Tactics Based Remote Execution for Mobile Computing

Motivation 

Today, mobile phones are the most popular computing devices but continue to be constrained on resources. Many useful and interactive applications are extremely resource intensive. Using local or on device resources not only increase latency but are often inaccurate e.g. speech translation. Performance in general can be greatly improved by outsourcing heavy tasks or opportunistically using extra resources in the environment allowing smaller devices to run intensive adaptive mobile applications.

Main Points 

- Chroma is a runtime system which dynamically adapts to different conditions of resource availability. This system is built using tactics.  

- Tactics is an abstraction which takes into account application specific knowledge required for optimal remote execution. 

- Chroma aims to be a simple system for application writers which is optimal ( or close to ) under all conditions and completely seamless from the user's perspective

- Chroma's design can be broken down into two parts :
1. Tactic description - done at code level in the application which provides information regarding execution plan and tactic number 

2. Selecting the best tactic for Remote execution which is done using brute force. 

>>> The number of tactics may not be small. This paper has no data to back this claim. 

- Additionally, the selection process takes as input the remote execution tactic description, a utility function ( user specific objective function ), resource availability and a resource demand predictor. 

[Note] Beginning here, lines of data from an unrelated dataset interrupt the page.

-- ===== src/Sink/Stored.antt =====
-- src/mmap_sink.cpp: the bytes of the file under `write`, for a sink of 128-byte records that stays
-- below the limit for rotation.
use mpmc_logger.Prelude.{
  ℕ, ◌+◌, ◌-◌, ◌*◌, ◌≤◌, ◌<◌, ◌≡◌, refl, sym, ap, ◌∙◌, false, Option, none, some, List, ◌++◌, arith,
  length, length-append, dec_lt, if-true, if-false, ap₂, subst, lt→ltb, ge→ltb_false, ltb,
  if◌then◌else◌, append-nil,
}
use mpmc_logger.Entry.{entry_size}
use mpmc_logger.Sink.{
  Os, MMapSink, Outcome, returned, terminated, add64, mapped_at, extended, map_file, map_region,
  unmap_region, append, append_to, append_if_mapped, file_for, remap, next_region, write_to, write,
}
use mpmc_logger.Sink.Region.{
  IsBetween, IsBinary, advance, advance-IsBinary, mapped-IsBinary, unmapped-IsBetween,
}
use mpmc_logger.Sink.Region.{test_zero}
use mpmc_logger.Sink.Disk.{Disk, zeros, length-zeros, overwrite, overwrite-zeros}

module _ {W : Type 0} {os : Os W} {page : ℕ} (disk : Disk os page) (limit fd : ℕ) where
  open disk use {content, Maps}

  -- The sink has a region, and its file consists of these bytes and the rest of the region.
  pub record IsStored (s : MMapSink) (w : W) (bytes : List ℕ) : Type 0 where
    pub binary : IsBinary page limit s
    pub same_fd : binary.descriptor ≡ fd
    pub max_eq : s.max_file_size ≡ limit
    pub size : length bytes ≡ s.file_offset
    pub window : Maps w binary.address fd (binary.base * page) s.region_size
    pub content_eq : content fd w ≡ bytes ++ zeros (s.region_size - s.mmap_offset)

  -- The sink has no region, and its file consists of these bytes.
  pub record IsUnmapped (s : MMapSink) (w : W) (bytes : List ℕ) : Type 0 where
    pub between : IsBetween page limit s
    pub same_fd : between.descriptor ≡ fd
    pub max_eq : s.max_file_size ≡ limit
    pub size : length bytes ≡ s.file_offset
    pub content_eq : content fd w ≡ bytes

module _ {W : Type 0} {os : Os W} {page : ℕ} (disk : Disk os page) (limit fd : ℕ)
    (to_string : ℕ → List ℕ) where
  open disk use {content, Maps, extend, map_at, map_lt, store_at, madvise_keeps, msync_keeps}
  open disk use {munmap_keeps}

  -- The outcome of a write of a record after which the file consists of these bytes.
  abbrev pub Stored : List ℕ → Outcome W → Type 0
  Stored bytes (returned n t w) = (n ≡ entry_size) × IsStored disk limit fd t w bytes
  Stored bytes (terminated w) = ⊥

  module _ (rec : List ℕ) (len : length rec ≡ entry_size) (s : MMapSink) (w : W)
      {done : List ℕ} where
    pub append-Stored :
        (v : IsStored disk limit fd s w done)
        → s.mmap_offset + entry_size ≤ s.region_size
        → Stored (done ++ rec) (append os to_string v.binary.address rec s w)
    unfolding advance-IsBinary
    append-Stored v fits =
        let b = v.binary in
        let all_of : length (content fd w) ≡ b.base * page + s.region_size =
          ap length v.content_eq
          ∙ omega (
            arith,
            length-append done (zeros (s.region_size - s.mmap_offset)),
            length-zeros (s.region_size - s.mmap_offset),
            v.size,
            b.base_eq,
            b.offset_le,
          ) in
        let (window, bytes) =
          store_at v.window s.mmap_offset rec (omega arith) (omega (arith, all_of)) in
        let addr_eq : add64 b.address s.mmap_offset ≡ b.address + s.mmap_offset =
          omega (arith, map_lt v.window) in
        subst
          (λ a.
            Stored (done ++ rec)
              (returned (length rec) (advance (length rec) s) (os.store a rec w)))
          (sym addr_eq)
          (
            len,
            record {
              binary = advance-IsBinary s b (length rec) len fits;
              same_fd = v.same_fd;
              max_eq = v.max_eq;
              size =
                  omega
                    (arith, length-append done rec, v.size, b.base_eq, b.base_le, b.region.no_wrap);
              window = window;
              content_eq =
                  bytes
                  ∙ ap (overwrite (b.base * page + s.mmap_offset) rec) v.content_eq
                  ∙ overwrite-zeros (b.base * page + s.mmap_offset) done rec
                      (s.region_size - s.mmap_offset) (omega (arith, v.size, b.base_eq))
                  ∙ ap (λ n. (done ++ rec) ++ zeros n)
                      {y = s.region_size - add64 s.mmap_offset (length rec)}
                      (omega (arith, b.region.no_wrap));
            },
          )

  -- The file grows by a region of zero bytes, and the region is mapped at its old end.
  pub map_region_stores :
      (s : MMapSink) (w : W) {done : List ℕ} (v : IsUnmapped disk limit fd s w done)
      → v.between.base * page ≤ limit
      → (t : MMapSink) × (w' : W) × (map_region os to_string s w ≡ (t, w'))
        × IsStored disk limit fd t w' done
        × (t.mmap_offset ≡ 0)
  unfolding map_region mapped-IsBinary
  map_region_stores s w {done} v le =
      let b = v.between in
      let base = b.base * page in
      let len = add64 s.file_offset s.region_size in
      let size : length (content fd w) ≡ base =
        omega (arith, ap length v.content_eq, v.size, b.base_eq) in
      let len_eq : len ≡ base + s.region_size =
        omega (arith, b.base_eq, b.base_le, b.region.no_wrap) in
      let (grown, longer) =
        extend fd len w (omega (arith, len_eq, size))
          (omega (arith, len_eq, b.base_le, b.region.no_wrap)) in
      let w1 = (os.ftruncate fd len w).1 in
      let (addr, found, window, same) =
        map_at s.region_size fd b.base w1 (omega (arith, b.region.no_wrap)) in
      let w2 = (os.mmap s.region_size fd base w1).1 in
      let (window', same') = madvise_keeps window addr s.region_size in
      (
        record s { mmap_ptr = some addr; mmap_offset = 0 },
        os.madvise addr s.region_size w2,
        ap (map_file os to_string s w) (b.is_open ∙ ap some v.same_fd)
            ∙ ap (λ ok. extended os to_string s fd (ok, w1)) grown
            ∙ ap (λ off. mapped_at os to_string s (os.mmap s.region_size fd off w1)) b.base_eq
            ∙ ap (λ o. mapped_at os to_string s (o, w2)) found,
        record {
          binary = mapped-IsBinary s addr b le;
          same_fd = v.same_fd;
          max_eq = v.max_eq;
          size = v.size;
          window = window';
          content_eq =
              same'
              ∙ same
              ∙ longer
              ∙ ap₂ (λ l n. l ++ zeros n) {u = len - length (content fd w)} {v = s.region_size - 0}
                  v.content_eq (omega (arith, len_eq, size));
        },
        refl,
      )

  -- The system after the mapped part of a full region is handed over.
  abbrev pub synced : (addr : ℕ) → MMapSink → W → W
  synced addr s w = if ltb 0 s.mmap_offset then os.msync addr s.mmap_offset false w else w

  -- A full region holds no byte but the written ones.
  pub leave-IsUnmapped :
      (s : MMapSink) (w : W) {done : List ℕ} (v : IsStored disk limit fd s w done)
      → s.region_size < s.mmap_offset + entry_size
      → IsUnmapped disk limit fd
          (record s { mmap_ptr = none; mmap_offset = 0 })
          (os.munmap v.binary.address s.region_size (synced v.binary.address s w))
          done
  unfolding unmapped-IsBetween
  leave-IsUnmapped s w {done} v full =
      let b = v.binary in
      let w0 = synced b.address s w in
      let same : content fd w0 ≡ content fd w = elim (dec_lt 0 s.mmap_offset) [
        | yes lt ↦
            ap (content fd) (if-true _ _ (lt→ltb _ _ lt))
            ∙ (msync_keeps v.window b.address s.mmap_offset false).1
        | no ge ↦ ap (content fd) (if-false _ _ (ge→ltb_false 0 s.mmap_offset (omega arith)))
      ] in
      record {
        between = unmapped-IsBetween s b full;
        same_fd = v.same_fd;
        max_eq = v.max_eq;
        size = v.size;
        content_eq =
            munmap_keeps b.address s.region_size fd w0
            ∙ same
            ∙ v.content_eq
            ∙ ap (λ n. done ++ zeros n) {y = 0}
                (omega (arith, b.offset_eq, b.offset_le, b.region.records_eq))
            ∙ append-nil done;
      }

  module _ (rec : List ℕ) (len : length rec ≡ entry_size) where
    first_Stored :
        (s : MMapSink) (w : W) {done : List ℕ} (v : IsUnmapped disk limit fd s w done)
        → length done + entry_size ≤ limit
        → Stored (done ++ rec) (remap os to_string rec (file_for os to_string rec s w))
    first_Stored s w {done} v le =
        let b = v.between in
        let (t, w', e, u, start) = map_region_stores s w v (omega (arith, v.size, b.base_eq)) in
        subst (λ r. Stored (done ++ rec) (remap os to_string rec r))
          (sym (
            if-false _ _ (
              ge→ltb_false s.max_file_size (add64 s.file_offset (length rec))
                (omega (arith, v.size, v.max_eq, b.region.no_wrap)))))
          (subst (λ r. Stored (done ++ rec) (append_if_mapped os to_string rec r)) (sym e)
            (subst (λ p. Stored (done ++ rec) (append_to os to_string p rec t w'))
              (sym u.binary.is_mapped)
              (append-Stored rec len t w' u (omega (arith, start, u.binary.region.records_eq)))))

    -- A record that does not fit begins a new region, and the file grows by it.
    full_Stored :
        (s : MMapSink) (w : W) {done : List ℕ} (v : IsStored disk limit fd s w done)
        → s.region_size < s.mmap_offset + entry_size
        → length done + entry_size ≤ limit
        → Stored (done ++ rec) (next_region os to_string v.binary.address rec s w)
    unfolding next_region unmap_region
    full_Stored s w {done} v full le =
        let b = v.binary in
        let w0 = synced b.address s w in
        let s1 = record s { mmap_ptr = none; mmap_offset = 0 } in
        let stored = λ (p : Option ℕ). Stored (done ++ rec) (
          remap os to_string rec (
            file_for os to_string rec s1
              (elim p [ some addr ↦ os.munmap addr s.region_size w0 | none ↦ w0 ]))) in
        subst stored (sym b.is_mapped)
          (first_Stored s1 (os.munmap b.address s.region_size w0) (leave-IsUnmapped s w v full) le)

    -- On a disk that works, and below the limit for rotation, a `write` of 128 bytes to a sink in a
    -- region of whole pages and whole records returns 128 and leaves a file that holds these bytes
    -- after those written before, and zero bytes up to the end of the mapped region.
    pub write-Stored :
        (s : MMapSink) (w : W) (done : List ℕ)
        → IsStored disk limit fd s w done
        → length done + entry_size ≤ limit
        → Stored (done ++ rec) (write os to_string rec s w)
    unfolding write
    write-Stored s w done v le =
        let b = v.binary in
        subst (Stored (done ++ rec))
          (sym (
            if-false _ _ (test_zero (length rec) (omega arith))
            ∙ ap (λ p. write_to os to_string p rec s w) b.is_mapped))
          (elim (dec_lt s.region_size (add64 s.mmap_offset (length rec))) [
            | yes lt ↦
                subst (Stored (done ++ rec)) (sym (if-true _ _ (lt→ltb _ _ lt)))
                  (full_Stored s w v (omega (arith, b.offset_le, b.region.no_wrap)) le)
            | no ge ↦
                subst (Stored (done ++ rec))
                  (sym (
                    if-false _ _ (
                      ge→ltb_false s.region_size (add64 s.mmap_offset (length rec)) (omega arith))))
                  (append-Stored rec len s w v (omega (arith, b.offset_le, b.region.no_wrap)))
          ])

>>> The demand predictor uses history based prediction which may not necessarily be accurate because a lot of parameters may have changed in under a minute. The inherent nature of using a mobile device e.g., network congestion, change of location, change of input parameters etc 

  

- Paritioning of an application in Chroma means identifying the application components which can be remotely executed.  Meaningful partitions cannot  be automatically determined. They use application specific knowledge to avoid sub optimal partitioning.  

Others

- Currently, They have battery consumption de-prioritized and users don't have flexibility to define utility functions to change this. 

- They perform data decomposition on certain tasks but don't describe how it is done, e.g. what are the correctness guarantee? 

- I am unsure how the initialization of history logs for tactic selection is done. Are they using unseen training data to learn prediction values. This may bias the output of the prediction model. 

- They assume coarse grained tasks and tasks with simple data dependencies. i.e., based on prototypes only. Another limitation for real world applications. For e.g. global shared data etc.